Polizei fasst mutmaßlichen Stalker:Vertrauter Feind

Monatelang lebte eine 17-Jährige aus Ismaning in Angst vor einem Stalker, jetzt hat die Polizei ihn gefasst. Es ist der ehemalige Ausbilder des Mädchens. Das Opfer hatte dem Täter ahnungslos von den Attacken erzählt - er gab sich selbst als Verfolgter aus.

Anna Günther

Monatelang lebte eine Ismaninger Jugendliche in Angst vor einem Stalker. Sie erhielt Drohungen und wagte sich nicht alleine aus dem Haus. Die 17-Jährige sprach nur noch mit ihrer Familie und wenigen Vertrauten - auch mit ihrem mutmaßlichen Stalker. Die Kriminalpolizei hat den 43-jährigen Buchhalter am Mittwoch festgenommen, derzeit sitzt er in Untersuchungshaft.

Die Anschuldigungen hat der ledige Münchner eingeräumt, zum Motiv hat er sich noch nicht geäußert, wie die Staatsanwaltschaft München I am Freitag der Süddeutschen Zeitung bestätigte. Die Ermittler glauben nicht, dass er die Jugendliche aus verschmähter Liebe quälte. Er schrieb ihr seit Mai bedrohliche Nachrichten, in der vergangenen Woche gab der Beschuldigte unter falschem Namen in dieser Zeitung eine Todesanzeige für die junge Frau auf. Am Sonntag drohte er ihr sogar mit dem Tod.

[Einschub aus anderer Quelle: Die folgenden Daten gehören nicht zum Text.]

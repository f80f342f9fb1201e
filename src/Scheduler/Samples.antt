-- ===== src/Scheduler/Samples.antt =====
-- The scheduler (app/scheduler) on a concrete fleet and two rules: the theorems applied, and runs.
mod Requests
use open_asicmanager.Prelude.{
  ℕ, ◌+◌, ◌*◌, ◌/◌, ◌≡◌, refl, arith, true, false, none, some, [], ◌∷◌, All, count_rows, select,
}
use open_asicmanager.Fleet.{Miner, awesome, paused, pause, resume, supported}
use open_asicmanager.Control.Jobs.Invariant.{WellFormed}
use open_asicmanager.Control.Queue.{QueueRuntime}
use open_asicmanager.Scheduler.{
  Local, Rule, farm, group, before, selects, schedule_rule_next_run, rule_last_occurrence,
  scope_winner, effective_schedule_details, schedule_action_state,
}
use open_asicmanager.Scheduler.Occurrences.{IsNext, schedule_rule_next_run-IsNext}
use open_asicmanager.Scheduler.LastRun.{IsLast, IsMonotone, rule_last_occurrence-IsLast}
use open_asicmanager.Scheduler.Winners.{Wins, scope_winner-Wins}
use open_asicmanager.Scheduler.Iteration.{SchedulerState, pass_over, scheduler_iteration}
use open_asicmanager.Scheduler.Iteration.Commands.{
  Justified, scheduler_iteration-Justified, scheduler_iteration-WellFormed,
}

-- Every day at 08:00 the farm mines,
abbrev morning : Rule
morning = record {
  id = 1;
  enabled = true;
  action = resume;
  time_minutes = 480;
  days_mask = 127;
  scope = farm;
  group_id = none;
  comment = "";
  effective_from = 0;
  last_run_key = none;
  created_at = 100;
  updated_at = 100;
}

-- and from Monday to Friday at 18:00 the group 3 pauses.
abbrev evening : Rule
evening = record {
  id = 2;
  enabled = true;
  action = pause;
  time_minutes = 1080;
  days_mask = 31;
  scope = group;
  group_id = some 3;
  comment = "";
  effective_from = 0;
  last_run_key = none;
  created_at = 100;
  updated_at = 100;
}

-- A zone at UTC.
abbrev epoch_seconds : Local → ℕ
epoch_seconds c = c.day * 86400 + c.ticks / 1000000

monotone : IsMonotone epoch_seconds
monotone a b t h = omega arith

-- Noon of a Monday.
abbrev noon : Local
noon = record { day = 8; ticks = 43200000000 }

abbrev rig : Miner
rig = record {
  id = 7;
  name = "rig-7";
  ip = "10.0.0.7";
  driver = awesome;
  enabled = true;
  schedule_enabled = true;
  group_id = none;
  manual_override_until = none;
  last_state = some paused;
  last_seen = some 734380;
  last_error = none;
  last_action = none;
  last_action_at = none;
}

abbrev state : SchedulerState
state = record {
  rules = morning ∷ evening ∷ [];
  seen_log = [];
  control = record {
    miners = rig ∷ [];
    jobs = [];
    next_job = 1;
    log = [];
    submitted = [];
    issued = [];
  };
  calls = [];
}

abbrev runtime : QueueRuntime
runtime = record { audit_source = λ source. source; next_transition = λ miner_id. none }

schedule_rule_next_run-IsNext_example : IsNext evening noon (schedule_rule_next_run evening noon)
schedule_rule_next_run-IsNext_example = (schedule_rule_next_run-IsNext evening noon).0 refl

rule_last_occurrence-IsLast_example :
    IsLast epoch_seconds evening noon (rule_last_occurrence epoch_seconds evening noon)
rule_last_occurrence-IsLast_example =
    rule_last_occurrence-IsLast epoch_seconds evening noon monotone

scope_winner-Wins_example :
    Wins
      (λ r. rule_last_occurrence epoch_seconds r noon)
      (morning ∷ evening ∷ [])
      (scope_winner epoch_seconds noon none (morning ∷ evening ∷ []))
scope_winner-Wins_example = scope_winner-Wins epoch_seconds noon (morning ∷ evening ∷ [])

scheduler_iteration-Justified_example :
    All
      (Justified
        (pass_over epoch_seconds noon (epoch_seconds noon) runtime state.rules)
        state.control.miners)
      (scheduler_iteration true epoch_seconds noon runtime state).calls
    × (scheduler_iteration false epoch_seconds noon runtime state ≡ state)
scheduler_iteration-Justified_example =
    scheduler_iteration-Justified epoch_seconds noon runtime state refl

state-WellFormed : WellFormed state.control
unfolding count_rows
state-WellFormed = record {
  one_active = λ m. omega arith;
  distinct_ids = λ i. omega arith;
  fresh_id = tt;
}

scheduler_iteration-WellFormed_example :
    WellFormed (scheduler_iteration true epoch_seconds noon runtime state).control
scheduler_iteration-WellFormed_example =
    scheduler_iteration-WellFormed true epoch_seconds noon runtime state state-WellFormed

-- On Monday at noon the group's next pause is the same day,
next_run : schedule_rule_next_run evening noon ≡ some (record { day = 8; ticks = 64800000000 })
unfolding schedule_rule_next_run selects before
next_run = refl

-- its last one was on Friday,
last_run :
    rule_last_occurrence epoch_seconds evening noon ≡ some (record { day = 5; ticks = 64800000000 })
unfolding rule_last_occurrence selects before
last_run = refl

-- and the rig, outside of the group, is resumed.
rig_resumed : (scheduler_iteration true epoch_seconds noon runtime state).calls ≡ (7, resume) ∷ []
unfolding scheduler_iteration select supported effective_schedule_details scope_winner
    rule_last_occurrence selects before schedule_action_state
rig_resumed = refl
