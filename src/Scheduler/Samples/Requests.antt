-- ===== src/Scheduler/Samples/Requests.antt =====
-- Requests that create, change and preview schedule rules (app/api/scheduler.py): the theorems applied,
-- and runs.
use open_asicmanager.Prelude.{
  ◌≡◌, ◌≢◌, refl, sym, ap, ◌∙◌, inl, inr, arith, true, none, some, [], ◌∷◌, count_rows, In, Ensures,
  strip, is_space, ok,
}
use open_asicmanager.Values.{Json, integer, text, object, Fields, field, empty, get}
use open_asicmanager.Values.Integers.{pos, scale, ◌+ℤ◌}
use open_asicmanager.Values.Numerals.{two_digits, split_once, int_of_text}
use open_asicmanager.Scheduler.{Rule}
use open_asicmanager.Scheduler.Samples.{morning, noon}
use open_asicmanager.Scheduler.Input.{read_clock, schedule_time_string, schedule_normalize_input}
use open_asicmanager.Scheduler.Input.Bounds.{IsAccepted, schedule_normalize_input-IsAccepted}
use open_asicmanager.Scheduler.Input.Times.{as_input, normalize-time_string}
use open_asicmanager.Scheduler.Table.Apart.{IsSound, Clash}
use open_asicmanager.Scheduler.Api.{ApiState, api_schedule_rule_create}
use open_asicmanager.Scheduler.Api.Keeps.{create, toggle, delete, calls, calls-IsSound}
use open_asicmanager.Scheduler.Api.Preview.{given, api_schedule_preview}
use open_asicmanager.Scheduler.Api.Preview.Agrees.{Foretells, api_schedule_preview-Foretells}

-- A pause at 18:00 on every working day.
abbrev evening_members : Fields
evening_members =
    field "action" (text "pause")
      (field "time" (text "18:00") (field "days_mask" (integer (pos 31)) empty))

abbrev evening_body : Json
evening_body = object "{'action': 'pause', …}" evening_members

abbrev state : ApiState
state = record {
  table = record { rules = morning ∷ []; next_rule = 2 };
  groups = [];
  miners = [];
  enabled = true;
  events = [];
}

morning-IsAccepted : IsAccepted (as_input morning)
morning-IsAccepted = record {
  time = omega arith;
  some_day = omega arith;
  days = omega arith;
  command = λ e. ground arith;
  short = omega arith;
  target = tt;
}

state-IsSound : IsSound state.table
unfolding count_rows
state-IsSound = record {
  distinct_ids = λ i. ground arith;
  fresh_id = (omega arith, tt);
  accepted = (morning-IsAccepted, tt);
  apart = alone;
}
  where
    alone :
        (r q : Rule)
        → In r (morning ∷ [])
        → In q (morning ∷ [])
        → r.id ≢ q.id
        → Clash (as_input r) (as_input q)
        → ⊥
    alone r q (inl e) (inl f) ne c = ne (ap (λ z. z.id) (sym e ∙ f))
    alone r q (inr i) j ne c = absurd i
    alone r q i (inr j) ne c = absurd j

schedule_normalize_input-IsAccepted_example :
    Ensures IsAccepted (schedule_normalize_input evening_body none)
schedule_normalize_input-IsAccepted_example = schedule_normalize_input-IsAccepted evening_body none

normalize-time_string_example :
    schedule_normalize_input
      (object "{'time': '07:30'}" (field "time" (text (schedule_time_string 450)) empty))
      (some morning)
    ≡ ok (record (as_input morning) { time_minutes = 450 })
unfolding strip
normalize-time_string_example =
    normalize-time_string morning 450 "{'time': '07:30'}" morning-IsAccepted refl (omega arith)

calls-IsSound_example :
    IsSound (calls (create (some evening_body) 500 ∷ toggle 1 600 ∷ delete 2 ∷ []) state).table
calls-IsSound_example =
    calls-IsSound (create (some evening_body) 500 ∷ toggle 1 600 ∷ delete 2 ∷ []) state
      state-IsSound

api_schedule_preview-Foretells_example :
    Foretells
      (api_schedule_preview (some evening_body) noon state)
      (api_schedule_rule_create (some evening_body) 500 state).0
api_schedule_preview-Foretells_example =
    api_schedule_preview-Foretells "{'action': 'pause', …}" evening_members noon 500 state
      state-IsSound no_rule_id
  where
    no_rule_id : given (get "rule_id" evening_members) ≡ none
    no_rule_id = unfold get in refl

-- A time is printed with two digits on both sides,
half_past_seven : schedule_time_string 450 ≡ "07:30"
unfolding schedule_time_string two_digits
half_past_seven = refl

-- and more minutes than an hour has are read as well.
ninety_minutes : read_clock "6:90" ≡ ok (pos 450)
unfolding read_clock split_once strip is_space int_of_text ◌+ℤ◌ scale
ninety_minutes = refl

Der mutmaßliche Stalker war ihr Ausbilder, hatte aber kürzlich den Arbeitsplatz gewechselt. Die 17-Jährige hatte auch während der vergangenen Monate den Kontakt gehalten und ihn sogar über die Nachrichten ihres Verfolgers informiert. "Ich wusste schon, dass sie ihm schreibt, aber er gab vor, selber Stalkingopfer zu sein. Wir sahen ihn als Leidensgenossen", sagt der Vater des Opfers der SZ.

Die Familie habe zu keiner Zeit daran gedacht, dass ausgerechnet dieser Mann dahinterstecken könnte. "Wir hatten zu niemandem mehr Vertrauen, ließen kaum noch Menschen ins Haus, aber an ihn dachten wir nicht", betont der Ismaninger. Die Familie habe sogar geglaubt, dass das Haus abgehört werde, weil Interna in den Droh-SMS auftauchten, die nur im kleinsten Kreis besprochen worden waren. Die 17-Jährige traute sich nur noch in Begleitung aus dem Haus, sogar am Sportplatz waren ihre Eltern dabei.

Die Ungewissheit sei zwar vorüber, doch die Aufarbeitung werde noch viel Kraft kosten, sagt der Vater. Er wisse nicht, wie vertraut seine Tochter mit ihrem früheren Ausbilder gewesen sei. "Das werden wir besprechen, wenn der Alltag einkehrt." Seine Frau und seine Tochter befinden sich derzeit in ärztlicher Behandlung. "Die werden wir auch noch länger brauchen", die emotionale Belastung sei einfach zu groß gewesen.

Von den Ermittlungen erhofft sich der Vater vor allem Antworten: Neben dem Motiv für die Quälereien interessiert die Familie auch das Wie. Der Beschuldigte hatte am Sonntag der Mutter per SMS mit dem Tod des Mädchens gedroht und dann das Handy der Frau "lahmgelegt". Dem mutmaßlichen Stalker droht das schärfere Strafmaß von bis zu fünf Jahren Haft, weil er die junge Frau gesundheitlich schwer geschädigt hat. Üblicherweise wird die Nachstellung einer Person mit bis zu drei Jahren Freiheitsstrafe geahndet.